Ha, funny. I live south of the I-10, in CALIFORNIA. No history of slavery or civil war here. No southern culture either. This is purely a northern town (Los Angeles) regardless of geography (or I guess you could clasify us as a Western Town).


----------



## drothgery

Tiberius said:
			
		

> *I'm from Sudbury, Massachusetts, a suburb of Boston (inasmuch as a town 20 miles away can be considered a suburb).  Fortunately, it's inside the I-495 boundary, so I'm still within the civilized portion of the state.
> 
> -Tiberius *




I'm a WPI[1] grad, so I think I have to object to that.

[1] Worcester Polythechnic Institute; Worcester, MA


----------



## Chairman_Kaga

Let's see if this gives it away...btw my office is the building just behind and to the right of the Statue of Liberty


----------



## Siridar

Brooklyn, NY here.

NewYork, NY right now. (I'm at work)


----------



## Henrix

Well, I live in Sweden.
On the west coast, thus western europe


----------



## Rybaer

Good 'ol Texas here.  Though, I've also done stints in California, Minnesota, and (primarily) Wisconsin.

The gaming's been good everywhere except Minnesota .


----------



## The Antra

Brazil, baby! Rio de Janeiro, Tropical Paradise Extraordinaire!

(and 42 Celsius right now)



Bronze Dragon, you're brazilian too! Drop me a line and we can talk about our communi... err... group down here!  You can find my e-mail in my website at www.webspace.com.br/marciofiorito


----------



## Rollo Le Brun

Hey it ain't so bad here in Mn! And I'm a native of 
WI so it's gotta have some truth to it.


----------



## Someguy

I'm from Worcester Mass.... (pronounced wuss-tah).   In august i'm going to l9ive in boston. (going to college{ Wentworth})


----------



## Palcadon

I live in San Antonio, Texas. I have worked at the Alamo and have been christened 'The Alamo Ice God'. So I am a Southerner.

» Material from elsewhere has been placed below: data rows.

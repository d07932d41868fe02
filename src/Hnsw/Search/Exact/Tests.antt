-- ===== src/Hnsw/Search/Exact/Tests.antt =====
-- An argpartition that sorts the positions by their values, and a search of three nodes with it.
use mathlib.Core.List.{map-map}
use distributed_vector_searc.Prelude.{
  ℕ, zero, suc, ◌+◌, ◌-◌, ◌≡◌, refl, ap, sym, ◌∙◌, true, List, [], ◌∷◌, ok, some, nat_ord, pair_ord,
  pair_le, All, All-imp, map-All, All-take, All-drop, arith, map, range, length, take, drop, ◌≼?◌,
  leb,
}
use distributed_vector_searc.Python.Sorting.{sorted, IsSorted, sorted-IsSorted, sorted-All}
use distributed_vector_searc.Python.Sorting.TopK.{IsSorted-split}
use distributed_vector_searc.Python.Sorting.Rearranged.{
  sorted_of_IsSorted, sorted-map-sorted, get_or, range-suc,
}
use distributed_vector_searc.Hnsw.{Space, Heapq, Hnsw, heuristic, distances}
use distributed_vector_searc.Hnsw.Search.{exact_among}
use distributed_vector_searc.Hnsw.Search.Exact.{
  PartitionLaws, Exact, exact_among-Exact, map-take, map-drop,
}

-- Values with their positions.
abbrev numbered : List ℕ → List (ℕ × ℕ)
numbered [] = []
numbered (d ∷ dists) = (d, 0) ∷ map (λ z. (z.0, suc z.1)) (numbered dists)

argsort : List ℕ → List ℕ
argsort dists = map (λ z. z.1) (sorted (numbered dists))

map-numbered : (dists : List ℕ) → map (λ z. z.1) (numbered dists) ≡ range 0 (length dists)
map-numbered [] = refl
map-numbered (d ∷ dists) = ap (◌∷◌ 0) (
    map-map (λ z. z.1) (λ z. (z.0, suc z.1)) (numbered dists)
    ∙ sym (map-map suc (λ z. z.1) (numbered dists))
    ∙ ap (map suc) (map-numbered dists)
    ∙ sym (range-suc 0 (length dists)))

numbered-All :
    (other : ℕ) (dists : List ℕ) → All (λ z. get_or other dists z.1 ≡ z.0) (numbered dists)
numbered-All other [] = tt
numbered-All other (d ∷ dists) = (
  refl,
  map-All (λ z. get_or other (d ∷ dists) z.1 ≡ z.0) (λ z. (z.0, suc z.1)) (numbered dists)
      (numbered-All other dists),
)

range-from : (start n : ℕ) → All (λ i. leb start i ≡ true) (range (suc start) n)
range-from start zero = tt
range-from start (suc n) = (
  ground arith,
  All-imp (λ i. leb (suc start) i ≡ true) (λ i. leb start i ≡ true) (range (suc (suc start)) n)
      (λ i h. ground (arith, h)) (range-from (suc start) n),
)

range-IsSorted : (start n : ℕ) → IsSorted (range start n)
range-IsSorted start zero = tt
range-IsSorted start (suc n) = (range-from start n, range-IsSorted (suc start) n)

argsort-permutes : (dists : List ℕ) → sorted (argsort dists) ≡ range 0 (length dists)
unfolding argsort
argsort-permutes dists =
    sorted-map-sorted (λ z. z.1) (numbered dists)
    ∙ ap sorted (map-numbered dists)
    ∙ sorted_of_IsSorted (range 0 (length dists)) (range-IsSorted 0 (length dists))

All-both :
    (P Q : ℕ × ℕ → Type 0) (zs : List (ℕ × ℕ)) → All P zs → All Q zs → All (λ z. P z × Q z) zs
All-both P Q [] h k = tt
All-both P Q (z ∷ zs) h k = ((h.0, k.0), All-both P Q zs h.1 k.1)

argsort-splits :
    (dists : List ℕ) (k other : ℕ)
    → All
        (λ j.
          All (λ i. (get_or other dists i ≼? get_or other dists j) ≡ true) (take k (argsort dists)))
        (drop k (argsort dists))
unfolding argsort
argsort-splits dists k other =
    let zs = sorted (numbered dists) in
    let right =
      sorted-All (λ z. get_or other dists z.1 ≡ z.0) (numbered dists) (numbered-All other dists) in
    let below = IsSorted-split k zs (sorted-IsSorted (numbered dists)) in
    let at = get_or other dists in
    rw (← map-take (λ z. z.1) k zs, ← map-drop (λ z. z.1) k zs)
      (map-All (λ j. All (λ i. (at i ≼? at j) ≡ true) (map (λ z. z.1) (take k zs))) (λ z. z.1)
        (drop k zs)
        (All-imp (λ r. All (λ t. pair_le t r ≡ true) (take k zs) × (at r.1 ≡ r.0))
          (λ r. All (λ i. (at i ≼? at r.1) ≡ true) (map (λ z. z.1) (take k zs))) (drop k zs)
          (λ r h.
            map-All (λ i. (at i ≼? at r.1) ≡ true) (λ z. z.1) (take k zs)
              (All-imp (λ t. (pair_le t r ≡ true) × (at t.1 ≡ t.0)) (λ t. (at t.1 ≼? at r.1) ≡ true)
                (take k zs) (λ t g. smaller (at t.1) (at r.1) t r g.1 h.1 g.0)
                (All-both (λ t. pair_le t r ≡ true) (λ t. at t.1 ≡ t.0) (take k zs) h.0
                  (All-take (λ z. at z.1 ≡ z.0) k zs right))))
          (All-both (λ r. All (λ t. pair_le t r ≡ true) (take k zs)) (λ r. at r.1 ≡ r.0) (drop k zs)
            below (All-drop (λ z. at z.1 ≡ z.0) k zs right))))
  where
    smaller : (a b : ℕ) (t r : ℕ × ℕ) → a ≡ t.0 → b ≡ r.0 → pair_le t r ≡ true → leb a b ≡ true
    smaller a b t r e f h = ground (arith, e, f, h)

abbrev line : Space ℕ ℕ
line = record {
  normalize = λ v. v;
  distance = λ a b. (a - b) + (b - a);
  fits = λ rows v. true;
  argpartition = λ dists k. argsort dists;
}

line_laws : PartitionLaws line
line_laws = record {
  permutes = λ dists k h. argsort-permutes dists;
  splits = λ dists k other h. argsort-splits dists k other;
}

abbrev heap : Heapq ℕ
heap = record { order = λ entries. entries }

abbrev three_nodes : Hnsw ℕ ℕ
three_nodes = record {
  max_links = 2;
  ef_construction = 10;
  ef_search = 10;
  neighbor_selection = heuristic;
  rng = 0;
  rows = 4 ∷ 7 ∷ 9 ∷ [];
  capacity = 16;
  graph = [];
  entry_point = some 1;
  levels = 2;
}

exact_among-Exact_example :
    (pairs : List (ℕ × ℕ)) × (results : List (ℕ × ℕ)) × (distances line
        (4 ∷ 7 ∷ 9 ∷ [])
        8
        (0 ∷ 1 ∷ 2 ∷ [])
      ≡ ok pairs)
    × (exact_among line heap three_nodes 8 (0 ∷ 1 ∷ 2 ∷ []) 2 ≡ ok results)
    × Exact 2 pairs results
exact_among-Exact_example =
    exact_among-Exact line heap three_nodes 8 (0 ∷ 1 ∷ 2 ∷ []) 2 line_laws
      (omega arith, (omega arith, (omega arith, tt)))
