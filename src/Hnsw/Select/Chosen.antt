-- ===== src/Hnsw/Select/Chosen.antt =====
-- The neighbors that are selected are candidates, and no more than asked for.
use distributed_vector_searc.Prelude.{
  ℕ, suc, ◌≤◌, ◌<◌, ◌≡◌, refl, ap, ◌∙◌, ◌||◌, List, [], ◌∷◌, ◌++◌, map, Result, ok, ◌==◌, length,
  take, leb, Ord, ◌≼?◌, All, All-append, All-take, map-All, length-map, length-append, length-take,
  Bool-cases, inl, inr, arith,
}
use distributed_vector_searc.Hnsw.{Space, Selection}
use distributed_vector_searc.Hnsw.Layer.Walk.{row-ok}
use distributed_vector_searc.Hnsw.Select.{
  insert_stable, stable_sort, is_closer, keep_loop, is_closest, select_neighbors, with_vectors,
}

module _ {D : Type 0} ⦃o : Ord D⦄ where
  insert_stable-All :
      (Q : D × ℕ → Type 0) (x : D × ℕ) (xs : List (D × ℕ))
      → Q x
      → All Q xs
      → All Q (insert_stable x xs)
  unfolding insert_stable
  insert_stable-All Q x [] h k = (h, tt)
  insert_stable-All Q x (y ∷ ys) h k = elim (Bool-cases (x.0 ≼? y.0)) [
    | inl e ↦ rw e (h, k)
    | inr e ↦ rw e (k.0, insert_stable-All Q x ys h k.1)
  ]

  length-insert_stable :
      (x : D × ℕ) (xs : List (D × ℕ)) → length (insert_stable x xs) ≡ suc (length xs)
  unfolding insert_stable
  length-insert_stable x [] = refl
  length-insert_stable x (y ∷ ys) = elim (Bool-cases (x.0 ≼? y.0)) [
    | inl e ↦ rw e refl
    | inr e ↦ rw e (ap suc (length-insert_stable x ys))
  ]

  pub stable_sort-All : (Q : D × ℕ → Type 0) (xs : List (D × ℕ)) → All Q xs → All Q (stable_sort xs)
  unfolding stable_sort
  stable_sort-All Q [] h = tt
  stable_sort-All Q (x ∷ xs) h =
      insert_stable-All Q x (stable_sort xs) h.0 (stable_sort-All Q xs h.1)

  pub length-stable_sort : (xs : List (D × ℕ)) → length (stable_sort xs) ≡ length xs
  unfolding stable_sort
  length-stable_sort [] = refl
  length-stable_sort (x ∷ xs) =
      length-insert_stable x (stable_sort xs) ∙ ap suc (length-stable_sort xs)

module _ {V D : Type 0} ⦃o : Ord D⦄ (s : Space V D) (rows : List V) where
  module _ (P : ℕ → Type 0) (stored : (n : ℕ) → P n → n < length rows) where
    -- What a selection of at most `m` returns.
    pub record Chosen (m : ℕ) (result : Result (List ℕ)) : Type 0 where
      pub nodes : List ℕ
      pub returns : result ≡ ok nodes
      pub good : All P nodes
      pub few : length nodes ≤ m

    with_vectors-ok :
        (pairs : List (D × ℕ))
        → All (λ c. P c.1) pairs
        → (found : List (D × (V × ℕ))) × (with_vectors s rows pairs ≡ ok found)
          × All (λ c. P c.1.1) found
    unfolding with_vectors
    with_vectors-ok [] h = ([], refl, tt)
    with_vectors-ok ((d, node) ∷ pairs) h =
        let (v, a) = row-ok rows node (stored node h.0) in
        let (rest, b, good) = with_vectors-ok pairs h.1 in
        ((d, (v, node)) ∷ rest, rw a (rw b refl), (h.0, good))

    keep_loop-good :
        (m : ℕ) (kept : List (V × ℕ)) (others : List (D × (V × ℕ)))
        → All (λ k. P k.1) kept
        → All (λ c. P c.1.1) others
        → All (λ k. P k.1) (keep_loop s rows m kept others)
    unfolding keep_loop
    keep_loop-good m kept [] h p = h
    keep_loop-good m kept ((d, (v, node)) ∷ others) h p =
        let good = All-append (λ k. P k.1) kept ((v, node) ∷ []) h (p.0, tt) in
        elim (Bool-cases (is_closer s rows d v kept)) [
          | inr far ↦ rw (far, keep_loop) (keep_loop-good m kept others h p.1)
          | inl near ↦
              rw (near, keep_loop)
                (elim (Bool-cases (suc (length kept) == m)) [
                  | inl full ↦ rw full good
                  | inr room ↦ rw room (keep_loop-good m (kept ++ (v, node) ∷ []) others good p.1)
                ])
        ]

    keep_loop-few :
        (m : ℕ) (kept : List (V × ℕ)) (others : List (D × (V × ℕ)))
        → length kept < m
        → length (keep_loop s rows m kept others) ≤ m
    unfolding keep_loop
    keep_loop-few m kept [] k = omega (arith, k)
    keep_loop-few m kept ((d, (v, node)) ∷ others) k =
        let size = length-append kept ((v, node) ∷ []) in
        elim (Bool-cases (is_closer s rows d v kept)) [
          | inr far ↦ rw (far, keep_loop) (keep_loop-few m kept others k)
          | inl near ↦
              rw (near, keep_loop)
                (elim (Bool-cases (suc (length kept) == m)) [
                  | inl full ↦ rw full (omega (arith, size, k))
                  | inr room ↦ rw room (
                      keep_loop-few m (kept ++ (v, node) ∷ []) others
                        (ground (arith, size, k, room)))
                ])
        ]

    -- If m is positive and the vectors of all candidates are stored, then by either way of
    -- selection _select_neighbors returns without error at most m nodes, all of them candidates
    -- that satisfy whatever all candidates satisfy.
    pub select_neighbors-Chosen :
        (selection : Selection) (candidates : List (D × ℕ)) (m : ℕ)
        → 0 < m
        → All (λ c. P c.1) candidates
        → Chosen m (select_neighbors s rows selection candidates m)
    unfolding select_neighbors
    select_neighbors-Chosen selection candidates m pos h =
        let order = stable_sort candidates in
        let good = stable_sort-All (λ c. P c.1) candidates h in
        elim (Bool-cases (leb (length order) m || is_closest selection)) [
          | inl e ↦ record {
            nodes = map (λ c. c.1) (take m order);
            returns = rw (e, select_neighbors) refl;
            good = map-All P (λ c. c.1) (take m order) (All-take (λ c. P c.1) m order good);
            few =
                omega (arith, length-map (λ (c : D × ℕ). c.1) (take m order), length-take m order);
          }
          | inr e ↦
              let (nearest, a, kept_good) = with_vectors-ok order good in
              let kept = keep_loop s rows m [] nearest in
              record {
                nodes = map (λ k. k.1) kept;
                returns = rw (e, select_neighbors) (rw a refl);
                good = map-All P (λ k. k.1) kept (keep_loop-good m [] nearest tt kept_good);
                few =
                    omega
                      (arith, length-map (λ (k : V × ℕ). k.1) kept, keep_loop-few m [] nearest pos);
              }
        ]
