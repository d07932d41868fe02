-- ===== src/Hnsw/Search/Tests.antt =====
-- Runs of an index of numbers, with two layers.
use distributed_vector_searc.Hnsw.Search.Allowed.{hnsw_ops, hnsw_ops-IndexLaws}
use distributed_vector_searc.Cluster.Shard.{IndexLaws}
use distributed_vector_searc.Prelude.{
  ℕ, zero, suc, ◌+◌, ◌-◌, ◌<◌, ◌≡◌, refl, true, false, List, [], ◌∷◌, some, Error, ok, err, nat_ord,
  pair_ord, All, arith,
}
use distributed_vector_searc.Hnsw.{
  Space, Heapq, Hnsw, Layer, heuristic, layer_at, neighbors_of, link_count,
}
use distributed_vector_searc.Hnsw.Layer.{greedy_descend}
use distributed_vector_searc.Hnsw.Layer.Walk.{IsClosed}
use distributed_vector_searc.Hnsw.Layer.Found.{HeapqLaws}
use distributed_vector_searc.Hnsw.Select.{select_neighbors}
use distributed_vector_searc.Hnsw.Select.Chosen.{Chosen, select_neighbors-Chosen}
use distributed_vector_searc.Hnsw.Search.{search_with_distances, exact_among}
use distributed_vector_searc.Hnsw.Search.Results.{
  IsGraph, IsEntered, Nearest, allows, search_with_distances-ok,
}

abbrev line : Space ℕ ℕ
line = record {
  normalize = λ v. v;
  distance = λ a b. (a - b) + (b - a);
  fits = λ rows v. true;
  argpartition = λ dists k. 2 ∷ 1 ∷ 0 ∷ [];
}

abbrev heap : Heapq ℕ
heap = record { order = λ entries. entries }

heap_laws : HeapqLaws heap
heap_laws = record { same_entries = λ P entries h. h; same_length = λ entries. refl }

abbrev ground_layer : Layer
ground_layer = (0, 1 ∷ []) ∷ (1, 0 ∷ 2 ∷ []) ∷ (2, 1 ∷ []) ∷ []

abbrev upper_layer : Layer
upper_layer = (1, []) ∷ []

abbrev rows : List ℕ
rows = 4 ∷ 7 ∷ 9 ∷ []

abbrev three_nodes : Hnsw ℕ ℕ
three_nodes = record {
  max_links = 2;
  ef_construction = 10;
  ef_search = 10;
  neighbor_selection = heuristic;
  rng = 0;
  rows = rows;
  capacity = 16;
  graph = ground_layer ∷ upper_layer ∷ [];
  entry_point = some 1;
  levels = 2;
}

abbrev InLayer : ℕ → ℕ → Type 0
InLayer zero n = n < 3
InLayer (suc zero) n = n ≡ 1
InLayer (suc (suc l)) n = n < 0

ground_adjacent :
    (n : ℕ)
    → n < 3
    → (links : List ℕ) × (neighbors_of ground_layer n ≡ ok links) × All (λ n. n < 3) links
unfolding neighbors_of
ground_adjacent zero h = (1 ∷ [], refl, (omega arith, tt))
ground_adjacent (suc zero) h = (0 ∷ 2 ∷ [], refl, (omega arith, (omega arith, tt)))
ground_adjacent (suc (suc zero)) h = (1 ∷ [], refl, (omega arith, tt))
ground_adjacent (suc (suc (suc n))) h = absurd (omega (arith, h))

ground_IsClosed : IsClosed rows ground_layer (InLayer 0)
ground_IsClosed = record { adjacent = ground_adjacent; stored = λ n h. h }

upper_adjacent :
    (n : ℕ)
    → n ≡ 1
    → (links : List ℕ) × (neighbors_of upper_layer n ≡ ok links) × All (λ n. n ≡ 1) links
unfolding neighbors_of
upper_adjacent zero h = absurd (omega (arith, h))
upper_adjacent (suc zero) h = ([], refl, tt)
upper_adjacent (suc (suc n)) h = absurd (omega (arith, h))

upper_IsClosed : IsClosed rows upper_layer (InLayer 1)
upper_IsClosed = record { adjacent = upper_adjacent; stored = λ n h. omega (arith, h) }

closed :
    (l : ℕ)
    → l < 2
    → (layer : Layer) × (layer_at three_nodes.graph l ≡ ok layer) × IsClosed rows layer (InLayer l)
unfolding layer_at
closed zero h = (ground_layer, refl, ground_IsClosed)
closed (suc zero) h = (upper_layer, refl, upper_IsClosed)
closed (suc (suc l)) h = absurd (omega (arith, h))

nested : (l n : ℕ) → InLayer (suc l) n → InLayer l n
nested zero n h = omega (arith, h)
nested (suc l) n h = absurd (omega (arith, h))

three_nodes-IsGraph : IsGraph three_nodes.rows three_nodes.graph InLayer
three_nodes-IsGraph = record { closed = closed; nested = nested }

three_nodes-IsEntered : IsEntered three_nodes InLayer 1 1
three_nodes-IsEntered = record { at = refl; layers = refl; enough = omega arith; inside = refl }

search_with_distances-ok_example :
    (results : List (ℕ × ℕ)) × (search_with_distances line heap three_nodes 8 2
        (some (true ∷ false ∷ true ∷ []))
      ≡ ok results)
    × Nearest 2 (λ n. InLayer 0 n × (allows (some (true ∷ false ∷ true ∷ [])) n ≡ true)) results
search_with_distances-ok_example =
    search_with_distances-ok line heap heap_laws InLayer three_nodes 8 2 1 1
      (some (true ∷ false ∷ true ∷ [])) three_nodes-IsGraph three_nodes-IsEntered (omega arith)
      (λ n h. h)

filtered_search :
    search_with_distances line heap three_nodes 8 2 (some (true ∷ false ∷ true ∷ []))
    ≡ ok ((1, 2) ∷ (4, 0) ∷ [])
unfolding search_with_distances link_count
filtered_search = refl

short_array :
    search_with_distances line heap three_nodes 8 2 (some (true ∷ [])) ≡ err Error.index_error
unfolding search_with_distances link_count
short_array = refl

greedy_run : greedy_descend line rows ground_layer 9 0 ≡ ok 2
unfolding greedy_descend
greedy_run = refl

select_neighbors-Chosen_example :
    Chosen line rows
      (λ n. n < 3)
      (λ n h. h)
      1
      (select_neighbors line rows heuristic ((3, 0) ∷ (1, 2) ∷ (0, 1) ∷ []) 1)
select_neighbors-Chosen_example =
    select_neighbors-Chosen line rows (λ n. n < 3) (λ n h. h) heuristic
      ((3, 0) ∷ (1, 2) ∷ (0, 1) ∷ []) 1 (omega arith)
      (omega arith, (omega arith, (omega arith, tt)))

exact_run : exact_among line heap three_nodes 8 (0 ∷ 1 ∷ 2 ∷ []) 2 ≡ ok ((1, 1) ∷ (1, 2) ∷ [])
unfolding exact_among
exact_run = refl

abbrev no_levels : ℕ → ℕ × ℕ
no_levels rng = (0, rng)

hnsw_ops-IndexLaws_example : IndexLaws (hnsw_ops line heap no_levels three_nodes)
hnsw_ops-IndexLaws_example = hnsw_ops-IndexLaws line heap no_levels three_nodes heap_laws
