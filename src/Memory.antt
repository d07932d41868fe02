-- ===== src/Memory.antt =====
-- vsearch/memory.py: the memories of one owner in a cluster. The cluster, the embedders, the clock and the
-- arithmetic of the scores are the parameter `Store`.
pub mod Operations
pub mod Writing
pub mod Recall
pub mod Lookups
pub mod Made
pub mod Forgotten
pub mod Tests
use distributed_vector_searc.Prelude.{
  ℕ, zero, suc, ◌+◌, ◌*◌, ◌/◌, ltb, leb, Bool, true, false, not, ◌&&◌, List, [], ◌∷◌, ◌++◌, map,
  Option, none, some, Result, Error, ok, err, ◌>>=◌, if◌then◌else◌, any, all, keep, length, Ord,
  ◌≼?◌, take, list_ord, nat_ord,
}
use distributed_vector_searc.Python.Text.{Text, text_eq, codes, show_nat}
use distributed_vector_searc.Python.Sorting.{sorted}
use distributed_vector_searc.State.{State, Dataset, glove, documents, memory}

-- The payload of a record: a fact, or a record that only names what is forgotten.
pub data Payload : Type 0 where
  fact : (memory_id text : Text) (tags : List Text) (created : ℕ) (replaces : List Text) → Payload
  forgotten : (memory_id : Text) (created : ℕ) (replaces : List Text) → Payload

-- `payload["memory_id"]` and `payload["replaces"]`
abbrev pub id_of : Payload → Text
id_of (fact memory_id text tags created replaces) = memory_id
id_of (forgotten memory_id created replaces) = memory_id

abbrev pub replaces_of : Payload → List Text
replaces_of (fact memory_id text tags created replaces) = replaces
replaces_of (forgotten memory_id created replaces) = replaces

-- The filters that are used: the facts, those with one of some tags, those of some ids, and the records that
-- replace one of some ids.
pub data Where : Type 0 where
  facts : Where
  tagged : (tags : List Text) → Where
  of_ids : (ids : List Text) → Where
  replacing : (ids : List Text) → Where

abbrev pub is_among : Text → List Text → Bool
is_among text texts = any (text_eq text) texts

-- What each filter asks of a payload: a wanted value is the value of the field, or one of its list.
unfoldable pub matches : Where → Payload → Bool
matches facts (fact memory_id text tags created replaces) = true
matches facts (forgotten memory_id created replaces) = false
matches (tagged wanted) (fact memory_id text tags created replaces) =
    any (λ tag. is_among tag wanted) tags
matches (tagged wanted) (forgotten memory_id created replaces) = false
matches (of_ids ids) (fact memory_id text tags created replaces) = is_among memory_id ids
matches (of_ids ids) (forgotten memory_id created replaces) = false
matches (replacing ids) payload = any (λ target. is_among target ids) (replaces_of payload)

pub record MemoryHit (D : Type 0) : Type 0 where
  pub distance : D
  pub payload : Payload

-- A memory that is recalled.
pub record Memory (S : Type 0) : Type 0 where
  pub id : Text
  pub text : Text
  pub tags : List Text
  pub created : ℕ
  pub similarity : S
  pub score : S

-- `CANDIDATES` and `MAX_LOOKUP`
abbrev pub candidates : ℕ
candidates = 4

abbrev pub max_lookup : ℕ
max_lookup = 1000

-- `describe_age`, for whole seconds.
unfoldable pub in_units : Text → ℕ → Text
unfolding show_nat
in_units unit count =
    show_nat count ++ codes " " ++ unit ++ (if ltb 1 count then codes "s" else []) ++ codes " ago"

unfoldable pub describe_age : ℕ → Text
unfolding in_units
describe_age seconds =
    if leb 86400 seconds
    then in_units (codes "day") (seconds / 86400)
    else if leb 3600 seconds
    then in_units (codes "hour") (seconds / 3600)
    else if leb 60 seconds
    then in_units (codes "minute") (seconds / 60)
    else codes "just now"

-- `list(dict.fromkeys(texts))`: the first of each, in order. `seen` are those that came before.
unfoldable pub first_of_each : List Text → List Text → List Text
first_of_each seen [] = []
first_of_each seen (text ∷ texts) =
    let others = first_of_each (text ∷ seen) texts in
    let rest = first_of_each seen texts in if is_among text seen then rest else text ∷ others

-- `set(a) - set(b)`
abbrev pub without : List Text → List Text → List Text
without texts others = keep (λ t. not (is_among t others)) texts

-- The name of what a cluster holds.
abbrev pub name_of_dataset : Dataset → Text
name_of_dataset (glove limit dir) = codes "glove"
name_of_dataset (documents embedder dim passages sources) = codes "documents"
name_of_dataset (memory embedder dim) = codes "memory"

-- The embedder and the dimension of a cluster of memories: `_check_kind` refuses any other.
unfoldable pub check_kind : Dataset → Result (Text × ℕ)
check_kind (memory embedder dim) = ok (embedder, dim)
check_kind (glove limit dir) = err (
    Error.user_error (
      codes "this cluster holds "
      ++ name_of_dataset (glove limit dir)
      ++ codes "; keep memories in a cluster of their own (vsearch --home data/memory cluster up)"))
check_kind (documents embedder dim passages sources) = err (
    Error.user_error (
      codes "this cluster holds "
      ++ name_of_dataset (documents embedder dim passages sources)
      ++ codes "; keep memories in a cluster of their own (vsearch --home data/memory cluster up)"))

-- `sorted(memories, key=lambda memory: -memory.score)`: those of one score keep their order.
module _ {S : Type 0} ⦃o : Ord S⦄ where
  unfoldable pub insert_scored : Memory S → List (Memory S) → List (Memory S)
  insert_scored m [] = m ∷ []
  insert_scored m (n ∷ memories) =
      let rest = insert_scored m memories in
      if n.score ≼? m.score then m ∷ n ∷ memories else n ∷ rest

  unfoldable pub sorted_by_score : List (Memory S) → List (Memory S)
  unfolding insert_scored
  sorted_by_score [] = []
  sorted_by_score (m ∷ memories) = insert_scored m (sorted_by_score memories)

-- An owner is a text with a character that is no white space, of at most 128 characters.
unfoldable pub check_owner : (Text → Text) → Text → Result (Unit {0})
check_owner strip owner = elim (strip owner) [
  | [] ↦ err (Error.user_error (codes "an owner is a name of 1 to 128 characters"))
  | c ∷ text ↦
      if ltb 128 (length owner)
      then err (Error.user_error (codes "an owner is a name of 1 to 128 characters"))
      else ok tt
]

I was born and raised in Northern Illinois (Rockford and Durand).
Spent many hours adn days playing D&D in Chi Town, Baby!

I lived in Summit County Colorado for five years. Still have my Mud Rucker card for not washing my truck for the entire time I lived there. 

I lived in Oregon for a few years. Picked a fifty gallon garbage bag full of shrooms outside of Eugene one time. Can't remember to much about Oregon after that.

I lived in Southern Cali for a few years. Lived four blocks away from 'The Offspring'. Drove by their house one time and they were all on lawn chairs in the driveway hooked up to Nitrous Oxide bottles.   You gotta keep em seperated.


----------



## Davelozzi

My hat's off to you, Palcadon, that was some funny stuff.

At any rate, I was born & bred here in Beantown, although I did a two year stint in Seattle ('98-'00)and am thinking about returning Greater Cascadia.


----------



## Samnell

Like Tysr, northern MI but not the UP. I'm in Alpena, but it's not something I like to brag about.


----------



## beta-ray

Welll I put "United States" but I am actually in a two part situation... I live in Hawaii which is a Pacific Island, but is also a State in the Union.


----------



## tleilaxu

Dude you included central asia but not CHINA>??????

BTW i live in Hong Kong


----------



## der_kluge

I know Billy Beanbag lives in Lawrence which is just a hop, skip, and a jump from me, but does no one else live near Kansas City?

Hey, don't laugh - huge Star Trek convention this weekend, apparently.  (not a trek fan myself)


----------



## Haggar the Horrible

Southern California, and proud of it!  San Bernardino County to be more precise, the largest county in the U.S.A.!


----------



## Piratecat

tleilaxu said:
			
		

> *Dude you included central asia but not CHINA>??????
> *




Only 'cause I'm a doofus. That should have been simply Asia, or I should have broken it out more.


----------



## Left-handed Hummingbird

Frostmarrow said:
			
		

> *Well, Western Europe of course. *



But he's right. There should have been a box for Scandinavia ... or as we call it up here "The North" which also includes Finland and Iceland (and sometimes Greenland). 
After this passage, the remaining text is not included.